Your task: Tell how many lines of the entries below include the string "services". Respond with the number alone.

Task inputs:
-.-.-
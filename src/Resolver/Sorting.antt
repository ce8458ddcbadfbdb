-- ===== src/Resolver/Sorting.antt =====
-- The order that TopSort makes, and where a service stands in it.
use white_board_server.Prelude.{
  ℕ, ◌≡◌, refl, Bool, true, false, none, some, List, [], ◌∷◌, ◌++◌, map, zero, suc, arith, ◌≤◌, All,
  Bool-cases, inl, inr, if◌then◌else◌, length, ◌∙◌, sym, ap, Option-cases, subst, append-nil,
}
use white_board_server.Prelude.Int.{ℤ, pos, negsuc}
use white_board_server.Containers.Ord.{Bytes, bytes_ord, bytes-IsLawful, eq_refl}
use white_board_server.Containers.Set.{contains}
use white_board_server.Resolver.{Row, names, is_free, first_free, release, sort_rounds}
use white_board_server.Resolver.Waiting.{
  waiting, IsDistinct, FitsAt, Fits, release-waiting, release-name, release-Fits, names-release,
}

-- The list names services of the rows, each once, and each waits for none that is not before it;
-- `done` are those before the list.
unfoldable pub IsOrder : List Row → List Bytes → List Bytes → Type 0
IsOrder rows done [] = Unit
IsOrder rows done (n ∷ rest) =
    (contains n (names rows) ≡ true)
    × (contains n done ≡ false)
    × All (λ (r : Row). r.name ≡ n → waiting done r (names rows) ≡ 0) rows
    × IsOrder rows (done ++ n ∷ []) rest

absent-All :
    (n : Bytes) (P : Row → Type 0) (rows : List Row)
    → contains n (names rows) ≡ false
    → All (λ (r : Row). r.name ≡ n → P r) rows
unfolding contains
absent-All n P [] h = tt
absent-All n P (r ∷ rest) h = (
  λ e. absurd (ground (arith, h, (bytes-IsLawful.eq_iff r.name n).1 e)),
  absent-All n P rest (ground (arith, h)),
)

Chosen : List Bytes → List Bytes → List Row → Row → Type 0
Chosen done all rows j =
    (contains j.name (names rows) ≡ true)
    × (contains j.name done ≡ false)
    × All (λ (r : Row). r.name ≡ j.name → waiting done r all ≡ 0) rows

is_free-zero : (z : ℤ) → is_free z ≡ true → z ≡ pos 0
unfolding is_free
is_free-zero (pos zero) h = refl
is_free-zero (pos (suc n)) h = absurd (ground (arith, h))
is_free-zero (negsuc n) h = absurd (ground (arith, h))

free-FitsAt : (z : ℤ) (w : ℕ) (b : Bool) → is_free z ≡ true → FitsAt z w b → (w ≡ 0) × (b ≡ false)
unfolding FitsAt is_free
free-FitsAt (pos zero) w b h (e, d) = (sym e, d)
free-FitsAt (pos (suc n)) w b h fits = absurd (ground (arith, h))
free-FitsAt (negsuc n) w b h fits = absurd (ground (arith, h))

first_free-Chosen :
    (done all : List Bytes) (rows : List Row) (j : Row)
    → IsDistinct (names rows)
    → All (Fits done all) rows
    → first_free rows ≡ some j
    → Chosen done all rows j
unfolding first_free Chosen Fits IsDistinct contains
first_free-Chosen done all [] j d fits h = absurd (ground (arith, h))
first_free-Chosen done all (r ∷ rest) j d fits h = elim (Bool-cases (is_free r.out)) [
  | inl free ↦
      let (none_left, fresh) =
        free-FitsAt r.out (waiting done r all) (contains r.name done) free fits.0 in
      let same : r ≡ j = ground (arith, free, h) in
      subst (Chosen done all (r ∷ rest)) same (
        ground (arith, eq_refl r.name),
        fresh,
        ((λ e. none_left), absent-All r.name (λ q. waiting done q all ≡ 0) rest d.0),
      )
  | inr busy ↦
      let (there, fresh, later) =
        first_free-Chosen done all rest j d.1 fits.1 (ground (arith, busy, h)) in
      (
        ground (arith, there),
        fresh,
        (
          (λ e. absurd (ground (arith, there, subst (λ i. contains i (names rest) ≡ false) e d.0))),
          later,
        ),
      )
]

release_rows-Fits :
    (done all : List Bytes) (j : Bytes) (rows : List Row)
    → IsDistinct all
    → contains j all ≡ true
    → contains j done ≡ false
    → All (λ (r : Row). r.name ≡ j → waiting done r all ≡ 0) rows
    → All (Fits done all) rows
    → All (Fits (done ++ j ∷ []) all) (map (release j) rows)
release_rows-Fits done all j [] d h k free fits = tt
release_rows-Fits done all j (r ∷ rest) d h k free fits = (
  release-Fits done all j r d h k (λ e. free.0 ((bytes-IsLawful.eq_iff r.name j).0 e)) fits.0,
  release_rows-Fits done all j rest d h k free.1 fits.1,
)

All-release :
    (P : Row → Type 0) {Q : Row → Type 0} (j : Bytes) (rows : List Row)
    → ((r : Row) → P (release j r) → Q r)
    → All P (map (release j) rows)
    → All Q rows
All-release P j [] f h = tt
All-release P j (r ∷ rest) f h = (f r h.0, All-release P j rest f h.1)

IsOrder-release :
    (j : Bytes) (rows : List Row) (done new : List Bytes)
    → IsOrder (map (release j) rows) done new
    → IsOrder rows done new
unfolding IsOrder
IsOrder-release j rows done [] h = tt
IsOrder-release j rows done (n ∷ new) h = (
  subst (λ l. contains n l ≡ true) (names-release j rows) h.0,
  h.1,
  All-release (λ r. r.name ≡ n → waiting done r (names (map (release j) rows)) ≡ 0) j rows
      (λ r k e.
        sym (release-waiting done j r (names rows))
        ∙ ap (λ l. waiting done (release j r) l) (sym (names-release j rows))
        ∙ k (release-name j r ∙ e))
      h.2,
  IsOrder-release j rows (done ++ n ∷ []) new h.3,
)

-- A service that is not done waits for another that is not.
pub IsBlocked : List Row → List Bytes → Type 0
IsBlocked rows done =
    All (λ (r : Row). contains r.name done ≡ false → 1 ≤ waiting done r (names rows)) rows

IsBlocked-release :
    (j : Bytes) (rows : List Row) (done : List Bytes)
    → IsBlocked (map (release j) rows) done
    → IsBlocked rows done
unfolding IsBlocked
IsBlocked-release j rows done =
    All-release
      (λ r. contains r.name done ≡ false → 1 ≤ waiting done r (names (map (release j) rows))) j rows
      (λ r k e.
        subst (λ n. 1 ≤ n)
          (ap (λ l. waiting done (release j r) l) (names-release j rows)
            ∙ release-waiting done j r (names rows))
          (k (ap (λ n. contains n done) (release-name j r) ∙ e)))

busy-FitsAt : (z : ℤ) (w : ℕ) (b : Bool) → is_free z ≡ false → FitsAt z w b → b ≡ false → 1 ≤ w
unfolding FitsAt is_free
busy-FitsAt (pos zero) w b h fits k = absurd (ground (arith, h))
busy-FitsAt (pos (suc n)) w b h (e, d) k = omega (arith, e)
busy-FitsAt (negsuc n) w b h (e, d) k = absurd (ground (arith, d, k))

stuck-IsBlocked :
    (done all : List Bytes) (rows : List Row)
    → All (Fits done all) rows
    → first_free rows ≡ none
    → All (λ (r : Row). contains r.name done ≡ false → 1 ≤ waiting done r all) rows
unfolding first_free Fits
stuck-IsBlocked done all [] fits h = tt
stuck-IsBlocked done all (r ∷ rest) fits h = elim (Bool-cases (is_free r.out)) [
  | inl free ↦ absurd (ground (arith, free, h))
  | inr busy ↦ (
    busy-FitsAt r.out (waiting done r all) (contains r.name done) busy fits.0,
    stuck-IsBlocked done all rest fits.1 (ground (arith, busy, h)),
  )
]

-- What some rounds do: they add an order of services, one in each round, or stop at a block.
unfoldable pub Sorted : ℕ → List Row → List Bytes → Bool × List Bytes → Type 0
Sorted rounds rows done (found, orders) =
    (new : List Bytes) × (orders ≡ done ++ new)
    × IsOrder rows done new
    × (if found then length new ≡ rounds else IsBlocked rows orders)

pub append-one : (j : Bytes) (done new : List Bytes) → (done ++ j ∷ []) ++ new ≡ done ++ (j ∷ new)
append-one j [] new = refl
append-one j (i ∷ done) new = ap (λ l. i ∷ l) (append-one j done new)

Sorted-round :
    (n : ℕ) (rows : List Row) (done : List Bytes) (j : Row) (r : Bool × List Bytes)
    → Chosen done (names rows) rows j
    → Sorted n (map (release j.name) rows) (done ++ j.name ∷ []) r
    → Sorted (suc n) rows done r
unfolding Sorted IsOrder Chosen
Sorted-round n rows done j (true, orders) (there, fresh, free) (new, e, order, count) = (
  j.name ∷ new,
  e ∙ append-one j.name done new,
  (there, fresh, free, IsOrder-release j.name rows (done ++ j.name ∷ []) new order),
  omega (arith, count),
)
Sorted-round n rows done j (false, orders) (there, fresh, free) (new, e, order, block) = (
  j.name ∷ new,
  e ∙ append-one j.name done new,
  (there, fresh, free, IsOrder-release j.name rows (done ++ j.name ∷ []) new order),
  IsBlocked-release j.name rows orders block,
)

Sorted-end : (rows : List Row) (done : List Bytes) → Sorted 0 rows done (true, done)
unfolding Sorted IsOrder
Sorted-end rows done = ([], sym (append-nil done), tt, refl)

Sorted-stuck :
    (n : ℕ) (rows : List Row) (done : List Bytes)
    → All (Fits done (names rows)) rows
    → first_free rows ≡ none
    → Sorted n rows done (false, done)
unfolding Sorted IsOrder IsBlocked
Sorted-stuck n rows done fits stuck =
    ([], sym (append-nil done), tt, stuck-IsBlocked done (names rows) rows fits stuck)

next_round-Fits :
    (rows : List Row) (done : List Bytes) (j : Row)
    → IsDistinct (names rows)
    → Chosen done (names rows) rows j
    → All (Fits done (names rows)) rows
    → All
        (Fits (done ++ j.name ∷ []) (names (map (release j.name) rows)))
        (map (release j.name) rows)
unfolding Chosen
next_round-Fits rows done j d (there, fresh, free) fits =
    rw (names-release j.name rows)
      (release_rows-Fits done (names rows) j.name rows d there fresh free fits)

pub sort_rounds-Sorted :
    (n : ℕ) (rows : List Row) (done : List Bytes)
    → IsDistinct (names rows)
    → All (Fits done (names rows)) rows
    → Sorted n rows done (sort_rounds n rows done)
unfolding sort_rounds
sort_rounds-Sorted zero rows done d fits = Sorted-end rows done
sort_rounds-Sorted (suc n) rows done d fits = elim (Option-cases (first_free rows)) [
  | inl stuck ↦ rw (sort_rounds, stuck) (Sorted-stuck (suc n) rows done fits stuck)
  | inr (j, e) ↦
      let chosen = first_free-Chosen done (names rows) rows j d fits e in
      let same = names-release j.name rows in
      rw (sort_rounds, e)
        (Sorted-round n rows done j
          (sort_rounds n (map (release j.name) rows) (done ++ j.name ∷ [])) chosen
          (sort_rounds-Sorted n (map (release j.name) rows) (done ++ j.name ∷ [])
            (subst IsDistinct (sym same) d) (next_round-Fits rows done j d chosen fits)))
]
-.-.-
Your solution: 2